I keep thinking about Daniel O’Keeffe.
When I read the news last Tuesday that Daniel’s body had been found underneath his family’s home, I actually said, ‘WHAT?” out loud at my desk. I stood up. Went straight to a TV.
After a four year search – including the phenomenally successfully Come Home Dan social media campaign crafted by Dan’s sister Loren, four years of suspected sightings, media interviews and Facebook appeals – it was verging on incredulous to hear that Daniel O’Keeffe was found underneath his parents’ house. Daniel’s father had the horrific experience of discovering his beloved son’s body when digging under the house last week. The back of the family home is built into a limestone hill. As a family friend has explained, “Dan was found in a tight space between a wall of the house and solid rock earth – a space that is very difficult to access.”
My brain has been turning this story over and over like a Rubik’s cube. And I have all these questions. Was Daniel there the whole time? Or did he make his way back to the family home recently to take his life? Was he ever in Brisbane where he was sighted? Or did the then-24 year old walk out of the family lounge room four years ago, go under the house and cram himself into that tight space deliberately? Or is the whole thing some tragic case of misadventure? Was Daniel trying to reach something in that space only to find himself trapped?

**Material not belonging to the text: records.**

-- ===== src/Proxy/Handler/Events.antt =====
-- The events that are made of one response.
use codesteward_audit_proxy.Base.{
  ℕ, ◌≡◌, refl, ap, Bool, true, ◌&&◌, List, [], ◌∷◌, map, is_nil, All,
}
use codesteward_audit_proxy.Base.Bytes.{Bytes, codes}
use codesteward_audit_proxy.Audit.Event.{AuditEvent}
use codesteward_audit_proxy.Parser.Types.{ToolCall, TokenUsage}
use codesteward_audit_proxy.Proxy.Handler.{
  RequestMeta, base_event, apply_usage, tool_event, build_tool_events,
}

-- What is common to the events of a response, whoever sent it: the body, the identity of the turn
-- and of its sender, and that it was captured.
pub record Describes (meta : RequestMeta) (ts : ℕ) (body : Bytes) (e : AuditEvent) : Type 0 where
  pub raw : e.raw ≡ body
  pub session_id : e.session_id ≡ meta.session_id
  pub turn_id : e.turn_id ≡ meta.turn_id
  pub at : e.ts ≡ ts
  pub agent : e.agent ≡ meta.agent
  pub project : e.project ≡ meta.project
  pub branch : e.branch ≡ meta.branch
  pub user : e.user ≡ meta.user
  pub team : e.team ≡ meta.team
  pub direction : e.direction ≡ codes "response"
  pub request_captured : e.request_captured ≡ true

-- The usage of an event.
abbrev pub usage_of : AuditEvent → TokenUsage
usage_of e = record {
  input_tokens = e.input_tokens;
  output_tokens = e.output_tokens;
  cache_read_tokens = e.cache_read_tokens;
  cache_write_tokens = e.cache_write_tokens;
}

abbrev pub call_of : AuditEvent → ToolCall
call_of e = record { name = e.tool_name; input = e.tool_input }

abbrev no_call : ToolCall
no_call = record { name = []; input = [] }

-- One event for each tool call, in their order; and one with no tool where there is no call.
abbrev pub calls_or_one : List ToolCall → List ToolCall
calls_or_one [] = no_call ∷ []
calls_or_one (t ∷ ts) = t ∷ ts

-- What is made of a response: one event for each of `calls`, all with the same content.
pub record Turn (meta : RequestMeta) (ts : ℕ) (body : Bytes) (calls : List ToolCall)
    (usage : TokenUsage) (model : Bytes) (thinking texts : List Bytes) (es : List AuditEvent)
    : Type 0 where
  pub calls_in_order : map call_of es ≡ calls_or_one calls
  pub described : All (Describes meta ts body) es
  pub same_content :
      All
        (λ e.
          (usage_of e ≡ usage)
          × (e.model ≡ model)
          × (e.thinking ≡ thinking)
          × (e.assistant_text ≡ texts))
        es

base_event-Describes :
    (meta : RequestMeta) (ts : ℕ) (body : Bytes) → Describes meta ts body (base_event meta ts body)
unfolding base_event
base_event-Describes meta ts body = record {
  raw = refl;
  session_id = refl;
  turn_id = refl;
  at = refl;
  agent = refl;
  project = refl;
  branch = refl;
  user = refl;
  team = refl;
  direction = refl;
  request_captured = refl;
}

module _ (P : AuditEvent → Type 0) (base : AuditEvent)
    (keep : (t : ToolCall) → P (tool_event base t)) where
  All-tool_event : (ts : List ToolCall) → All P (map (tool_event base) ts)
  All-tool_event [] = tt
  All-tool_event (t ∷ ts) = (keep t, All-tool_event ts)

  pub All-build : P base → (ts : List ToolCall) → All P (build_tool_events base ts)
  unfolding build_tool_events
  All-build h [] = (h, tt)
  All-build h (t ∷ ts) = All-tool_event (t ∷ ts)

map-call_of : (base : AuditEvent) (ts : List ToolCall) → map call_of (map (tool_event base) ts) ≡ ts
map-call_of base [] = refl
map-call_of base (t ∷ ts) = ap (◌∷◌ t) (map-call_of base ts)

calls-build :
    (base : AuditEvent) (ts : List ToolCall)
    → call_of base ≡ no_call
    → map call_of (build_tool_events base ts) ≡ calls_or_one ts
unfolding build_tool_events
calls-build base [] h = ap (λ c. c ∷ []) h
calls-build base (t ∷ ts) h = map-call_of base (t ∷ ts)

pub Describes-tool_event :
    {meta : RequestMeta} {ts : ℕ} {body : Bytes} {e : AuditEvent} (t : ToolCall)
    → Describes meta ts body e
    → Describes meta ts body (tool_event e t)
Describes-tool_event t d = record {
  raw = d.raw;
  session_id = d.session_id;
  turn_id = d.turn_id;
  at = d.at;
  agent = d.agent;
  project = d.project;
  branch = d.branch;
  user = d.user;
  team = d.team;
  direction = d.direction;
  request_captured = d.request_captured;
}

-- The events built over a base that describes the response and has no tool.
pub build-Turn :
    {meta : RequestMeta} {ts : ℕ} {body : Bytes} (base : AuditEvent) (calls : List ToolCall)
    → Describes meta ts body base
    → call_of base ≡ no_call
    → Turn meta ts body calls
        (usage_of base)
        base.model
        base.thinking
        base.assistant_text
        (build_tool_events base calls)
build-Turn base calls d none_yet = record {
  calls_in_order = calls-build base calls none_yet;
  described = All-build (Describes _ _ _) base (λ t. Describes-tool_event t d) d calls;
  same_content =
      All-build
        (λ e.
          (usage_of e ≡ usage_of base)
          × (e.model ≡ base.model)
          × (e.thinking ≡ base.thinking)
          × (e.assistant_text ≡ base.assistant_text))
        base (λ t. (refl, refl, refl, refl)) (refl, refl, refl, refl) calls;
}

-- A change of the content fields keeps what describes the response.
pub with_content-Describes :
    {meta : RequestMeta} {ts : ℕ} {body : Bytes} (thinking texts : List Bytes) (model group : Bytes)
    (u : TokenUsage)
    → Describes meta ts body (
        apply_usage u (
          let b = base_event meta ts body in
          record b {
            thinking = thinking;
            assistant_text = texts;
            model = model;
            resource_group = group;
          }))
unfolding base_event apply_usage
with_content-Describes thinking texts model group u = record {
  raw = refl;
  session_id = refl;
  turn_id = refl;
  at = refl;
  agent = refl;
  project = refl;
  branch = refl;
  user = refl;
  team = refl;
  direction = refl;
  request_captured = refl;
}

-- Nothing in a result that an event could hold.
abbrev pub is_blank_result : Bytes → List Bytes → List Bytes → List ToolCall → Bool
is_blank_result model thinking texts calls =
    is_nil model && is_nil thinking && is_nil texts && is_nil calls

abbrev pub is_blank_plain : Bytes → List Bytes → List ToolCall → Bool
is_blank_plain model texts calls = is_nil model && is_nil texts && is_nil calls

Daniel’s story reminds me of the tragic disappearance of Sunshine Coast woman Tabbatha Hodge in 1995. You’ll be hard pressed finding anyone over the age of 40 in South-East Queensland who doesn’t recall the story. Tabbatha had spent weeks organising her own 21st birthday party and then failed to show up on the Saturday night. Red flags were immediately waving. Friends and police quickly realised Tabbatha had last been seen getting into her car at 11pm on the Friday night to drive home from a friend’s house. She was never seen again. Three years of “Have you seen Tabbatha?” posters, three years of newspaper ads, public pleas for information and even a $50,000 reward – nothing. NOBODY had seen Tabbatha Hodge WHERE WAS SHE? That’s what everyone kept asking. And then in 1998 a canal at Twin Waters was dredged and there was Tabbatha’s car. Her death had been the result of a tragic car accident on a night of bad weather.